Going down the data below, set down exactly the line with "reach ef [] s = ok s" and each line after it through the line with "expand ef layer none s = ok s"; no other lines.
── Data for analysis
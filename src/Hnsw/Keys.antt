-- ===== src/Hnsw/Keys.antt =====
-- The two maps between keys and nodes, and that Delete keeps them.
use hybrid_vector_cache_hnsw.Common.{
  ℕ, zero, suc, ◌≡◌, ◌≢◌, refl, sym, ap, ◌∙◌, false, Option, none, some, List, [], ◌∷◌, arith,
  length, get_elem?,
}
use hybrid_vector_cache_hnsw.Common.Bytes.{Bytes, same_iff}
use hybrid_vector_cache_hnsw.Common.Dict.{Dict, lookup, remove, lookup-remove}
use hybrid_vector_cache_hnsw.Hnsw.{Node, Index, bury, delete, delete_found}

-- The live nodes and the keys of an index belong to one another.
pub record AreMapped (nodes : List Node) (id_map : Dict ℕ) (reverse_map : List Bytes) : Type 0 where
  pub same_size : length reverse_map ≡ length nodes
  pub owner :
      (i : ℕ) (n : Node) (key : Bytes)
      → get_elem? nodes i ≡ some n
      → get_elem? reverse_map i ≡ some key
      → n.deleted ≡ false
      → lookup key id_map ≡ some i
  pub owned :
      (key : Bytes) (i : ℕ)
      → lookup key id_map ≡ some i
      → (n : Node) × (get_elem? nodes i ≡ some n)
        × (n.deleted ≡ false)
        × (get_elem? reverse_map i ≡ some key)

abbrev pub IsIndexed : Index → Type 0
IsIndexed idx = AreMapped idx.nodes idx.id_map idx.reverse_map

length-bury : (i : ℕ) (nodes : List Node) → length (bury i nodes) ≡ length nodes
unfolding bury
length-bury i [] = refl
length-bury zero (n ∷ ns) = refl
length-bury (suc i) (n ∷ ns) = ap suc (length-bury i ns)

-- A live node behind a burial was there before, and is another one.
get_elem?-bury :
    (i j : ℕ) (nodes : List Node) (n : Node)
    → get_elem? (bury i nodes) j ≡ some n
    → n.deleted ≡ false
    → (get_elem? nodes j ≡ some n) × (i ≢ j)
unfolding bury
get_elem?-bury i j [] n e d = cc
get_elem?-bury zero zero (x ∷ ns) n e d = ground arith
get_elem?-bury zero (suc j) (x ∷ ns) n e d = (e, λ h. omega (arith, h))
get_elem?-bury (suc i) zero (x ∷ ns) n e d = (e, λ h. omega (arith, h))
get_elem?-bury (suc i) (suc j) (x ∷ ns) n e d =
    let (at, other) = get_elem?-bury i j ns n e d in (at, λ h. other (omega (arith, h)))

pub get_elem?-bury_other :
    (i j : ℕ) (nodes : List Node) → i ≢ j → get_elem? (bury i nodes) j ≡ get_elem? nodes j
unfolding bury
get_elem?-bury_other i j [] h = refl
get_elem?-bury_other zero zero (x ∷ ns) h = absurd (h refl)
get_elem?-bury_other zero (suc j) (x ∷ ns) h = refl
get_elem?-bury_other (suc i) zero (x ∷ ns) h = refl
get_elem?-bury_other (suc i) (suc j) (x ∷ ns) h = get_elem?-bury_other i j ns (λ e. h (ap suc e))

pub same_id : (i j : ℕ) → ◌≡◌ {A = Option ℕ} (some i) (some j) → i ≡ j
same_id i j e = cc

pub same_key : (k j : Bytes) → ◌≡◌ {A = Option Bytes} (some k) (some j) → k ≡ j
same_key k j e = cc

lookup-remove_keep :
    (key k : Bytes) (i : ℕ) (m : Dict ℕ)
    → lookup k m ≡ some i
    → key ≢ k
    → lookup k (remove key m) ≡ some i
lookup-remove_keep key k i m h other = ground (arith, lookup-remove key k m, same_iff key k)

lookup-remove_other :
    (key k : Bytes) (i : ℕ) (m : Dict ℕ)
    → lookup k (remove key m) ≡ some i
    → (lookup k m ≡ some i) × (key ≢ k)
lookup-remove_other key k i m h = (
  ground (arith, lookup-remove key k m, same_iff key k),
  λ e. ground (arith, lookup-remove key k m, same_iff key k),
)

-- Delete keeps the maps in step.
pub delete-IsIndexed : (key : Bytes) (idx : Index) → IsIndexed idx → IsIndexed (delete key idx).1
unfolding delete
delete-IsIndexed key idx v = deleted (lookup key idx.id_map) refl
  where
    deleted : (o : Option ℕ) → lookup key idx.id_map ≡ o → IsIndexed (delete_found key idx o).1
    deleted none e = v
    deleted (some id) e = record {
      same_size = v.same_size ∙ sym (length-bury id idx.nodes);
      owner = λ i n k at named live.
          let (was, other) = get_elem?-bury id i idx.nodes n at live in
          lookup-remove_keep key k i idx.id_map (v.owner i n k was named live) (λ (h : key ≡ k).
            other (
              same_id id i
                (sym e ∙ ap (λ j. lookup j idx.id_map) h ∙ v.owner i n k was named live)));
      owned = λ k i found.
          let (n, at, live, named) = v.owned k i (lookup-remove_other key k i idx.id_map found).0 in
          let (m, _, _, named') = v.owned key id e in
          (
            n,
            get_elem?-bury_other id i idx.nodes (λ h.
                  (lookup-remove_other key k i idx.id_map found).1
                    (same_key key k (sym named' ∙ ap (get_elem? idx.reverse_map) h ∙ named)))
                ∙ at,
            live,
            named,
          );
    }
────
── Data for analysis
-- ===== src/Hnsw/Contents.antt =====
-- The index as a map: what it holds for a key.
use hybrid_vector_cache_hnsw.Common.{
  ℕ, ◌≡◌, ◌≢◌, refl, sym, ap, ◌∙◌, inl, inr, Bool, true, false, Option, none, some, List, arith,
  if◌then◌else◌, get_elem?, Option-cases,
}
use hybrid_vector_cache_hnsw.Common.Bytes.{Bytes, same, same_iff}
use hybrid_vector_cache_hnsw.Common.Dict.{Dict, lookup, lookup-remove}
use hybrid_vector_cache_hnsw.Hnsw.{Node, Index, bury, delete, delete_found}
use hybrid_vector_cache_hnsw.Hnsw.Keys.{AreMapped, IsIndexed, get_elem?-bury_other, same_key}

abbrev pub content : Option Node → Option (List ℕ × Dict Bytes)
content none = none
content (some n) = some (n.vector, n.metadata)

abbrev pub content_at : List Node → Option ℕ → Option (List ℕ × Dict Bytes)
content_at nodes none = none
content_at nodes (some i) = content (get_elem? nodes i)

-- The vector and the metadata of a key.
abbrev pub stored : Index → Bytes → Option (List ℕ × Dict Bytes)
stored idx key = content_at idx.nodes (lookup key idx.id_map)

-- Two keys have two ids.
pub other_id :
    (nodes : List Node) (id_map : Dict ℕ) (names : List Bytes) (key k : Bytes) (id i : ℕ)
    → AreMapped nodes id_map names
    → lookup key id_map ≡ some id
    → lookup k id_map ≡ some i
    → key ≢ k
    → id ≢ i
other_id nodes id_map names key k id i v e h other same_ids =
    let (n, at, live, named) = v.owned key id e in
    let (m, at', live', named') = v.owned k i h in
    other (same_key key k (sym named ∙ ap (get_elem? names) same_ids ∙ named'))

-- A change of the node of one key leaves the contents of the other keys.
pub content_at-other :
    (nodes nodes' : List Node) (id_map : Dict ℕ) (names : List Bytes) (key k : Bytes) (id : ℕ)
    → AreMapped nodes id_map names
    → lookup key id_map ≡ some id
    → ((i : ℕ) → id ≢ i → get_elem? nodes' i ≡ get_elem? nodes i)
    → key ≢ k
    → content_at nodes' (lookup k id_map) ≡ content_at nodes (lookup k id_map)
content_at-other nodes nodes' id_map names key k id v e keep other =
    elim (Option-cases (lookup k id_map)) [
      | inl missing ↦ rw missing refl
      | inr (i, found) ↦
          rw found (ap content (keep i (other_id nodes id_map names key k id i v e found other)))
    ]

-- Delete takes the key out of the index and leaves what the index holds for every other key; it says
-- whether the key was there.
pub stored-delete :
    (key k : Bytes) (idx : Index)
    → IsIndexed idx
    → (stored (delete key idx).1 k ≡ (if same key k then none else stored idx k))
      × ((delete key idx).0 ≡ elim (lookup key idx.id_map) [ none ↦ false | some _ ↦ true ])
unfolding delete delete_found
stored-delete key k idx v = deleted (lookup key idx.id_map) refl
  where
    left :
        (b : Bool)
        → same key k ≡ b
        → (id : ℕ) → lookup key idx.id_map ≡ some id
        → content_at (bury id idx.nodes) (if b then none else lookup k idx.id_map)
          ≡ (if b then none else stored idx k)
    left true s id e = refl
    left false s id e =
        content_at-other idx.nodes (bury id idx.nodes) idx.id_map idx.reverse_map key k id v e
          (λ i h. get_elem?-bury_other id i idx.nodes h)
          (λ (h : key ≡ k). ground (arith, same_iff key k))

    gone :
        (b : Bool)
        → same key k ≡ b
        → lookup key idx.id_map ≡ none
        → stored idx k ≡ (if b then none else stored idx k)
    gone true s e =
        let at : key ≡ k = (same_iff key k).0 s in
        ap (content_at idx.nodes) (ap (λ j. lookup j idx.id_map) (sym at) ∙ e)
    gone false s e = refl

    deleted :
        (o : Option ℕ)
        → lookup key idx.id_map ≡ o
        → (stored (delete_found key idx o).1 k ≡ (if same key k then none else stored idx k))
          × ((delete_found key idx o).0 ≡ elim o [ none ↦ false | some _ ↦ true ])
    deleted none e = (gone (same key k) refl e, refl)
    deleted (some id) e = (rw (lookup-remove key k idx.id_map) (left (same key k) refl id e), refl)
────
── Data for analysis
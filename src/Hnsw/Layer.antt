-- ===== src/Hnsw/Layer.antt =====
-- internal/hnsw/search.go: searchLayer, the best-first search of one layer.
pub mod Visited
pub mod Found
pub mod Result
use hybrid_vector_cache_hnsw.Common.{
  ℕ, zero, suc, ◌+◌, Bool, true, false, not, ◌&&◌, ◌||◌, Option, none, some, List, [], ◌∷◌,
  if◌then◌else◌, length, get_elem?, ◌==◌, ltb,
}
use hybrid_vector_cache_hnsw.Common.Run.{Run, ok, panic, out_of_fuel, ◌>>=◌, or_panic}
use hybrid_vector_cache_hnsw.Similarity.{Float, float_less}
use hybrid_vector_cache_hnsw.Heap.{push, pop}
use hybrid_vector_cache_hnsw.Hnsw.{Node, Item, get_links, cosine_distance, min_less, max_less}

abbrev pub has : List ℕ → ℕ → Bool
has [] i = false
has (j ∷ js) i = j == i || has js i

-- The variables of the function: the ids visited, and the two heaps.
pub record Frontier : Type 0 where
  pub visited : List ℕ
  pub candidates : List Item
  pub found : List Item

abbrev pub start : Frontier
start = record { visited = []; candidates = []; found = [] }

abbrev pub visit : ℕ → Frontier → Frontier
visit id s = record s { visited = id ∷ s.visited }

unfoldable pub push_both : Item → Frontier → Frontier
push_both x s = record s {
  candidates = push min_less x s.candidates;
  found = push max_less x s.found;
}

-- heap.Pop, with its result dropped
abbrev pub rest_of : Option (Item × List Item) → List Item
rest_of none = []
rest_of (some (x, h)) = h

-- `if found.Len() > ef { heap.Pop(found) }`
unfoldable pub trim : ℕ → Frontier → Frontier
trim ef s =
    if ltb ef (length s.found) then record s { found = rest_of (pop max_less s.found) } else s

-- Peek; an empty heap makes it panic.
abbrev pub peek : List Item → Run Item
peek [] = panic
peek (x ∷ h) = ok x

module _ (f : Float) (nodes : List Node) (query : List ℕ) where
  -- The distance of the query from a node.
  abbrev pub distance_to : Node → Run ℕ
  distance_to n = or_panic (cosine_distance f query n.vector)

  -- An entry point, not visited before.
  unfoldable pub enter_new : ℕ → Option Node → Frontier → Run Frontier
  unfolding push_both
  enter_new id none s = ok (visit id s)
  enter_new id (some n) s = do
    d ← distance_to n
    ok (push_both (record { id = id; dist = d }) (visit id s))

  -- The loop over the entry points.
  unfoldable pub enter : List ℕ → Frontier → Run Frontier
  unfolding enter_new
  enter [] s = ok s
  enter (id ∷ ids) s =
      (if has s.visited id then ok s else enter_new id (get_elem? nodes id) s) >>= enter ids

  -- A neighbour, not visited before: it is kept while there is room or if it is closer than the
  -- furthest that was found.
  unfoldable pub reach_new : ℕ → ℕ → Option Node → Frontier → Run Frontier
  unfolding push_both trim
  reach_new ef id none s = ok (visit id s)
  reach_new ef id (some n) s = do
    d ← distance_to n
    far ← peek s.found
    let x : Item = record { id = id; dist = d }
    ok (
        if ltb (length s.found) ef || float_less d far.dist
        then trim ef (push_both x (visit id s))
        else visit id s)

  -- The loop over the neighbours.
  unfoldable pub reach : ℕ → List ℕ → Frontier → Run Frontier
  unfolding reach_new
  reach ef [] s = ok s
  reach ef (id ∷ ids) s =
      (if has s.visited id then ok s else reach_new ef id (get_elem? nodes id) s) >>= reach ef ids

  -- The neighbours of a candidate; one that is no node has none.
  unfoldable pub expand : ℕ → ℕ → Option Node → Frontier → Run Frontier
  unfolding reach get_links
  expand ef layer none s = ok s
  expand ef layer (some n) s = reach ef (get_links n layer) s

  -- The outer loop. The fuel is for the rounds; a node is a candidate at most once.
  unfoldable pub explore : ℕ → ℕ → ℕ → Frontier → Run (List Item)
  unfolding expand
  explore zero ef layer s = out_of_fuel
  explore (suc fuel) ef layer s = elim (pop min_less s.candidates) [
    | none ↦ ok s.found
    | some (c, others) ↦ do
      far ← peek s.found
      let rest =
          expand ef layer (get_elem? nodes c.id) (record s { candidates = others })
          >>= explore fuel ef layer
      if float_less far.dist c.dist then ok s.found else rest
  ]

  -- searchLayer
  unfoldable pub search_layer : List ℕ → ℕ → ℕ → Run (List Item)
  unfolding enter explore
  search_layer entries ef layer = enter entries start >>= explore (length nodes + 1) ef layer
────
> Expected answer:
  reach ef [] s = ok s
  reach ef (id ∷ ids) s =
      (if has s.visited id then ok s else reach_new ef id (get_elem? nodes id) s) >>= reach ef ids

  -- The neighbours of a candidate; one that is no node has none.
  unfoldable pub expand : ℕ → ℕ → Option Node → Frontier → Run Frontier
  unfolding reach get_links
  expand ef layer none s = ok s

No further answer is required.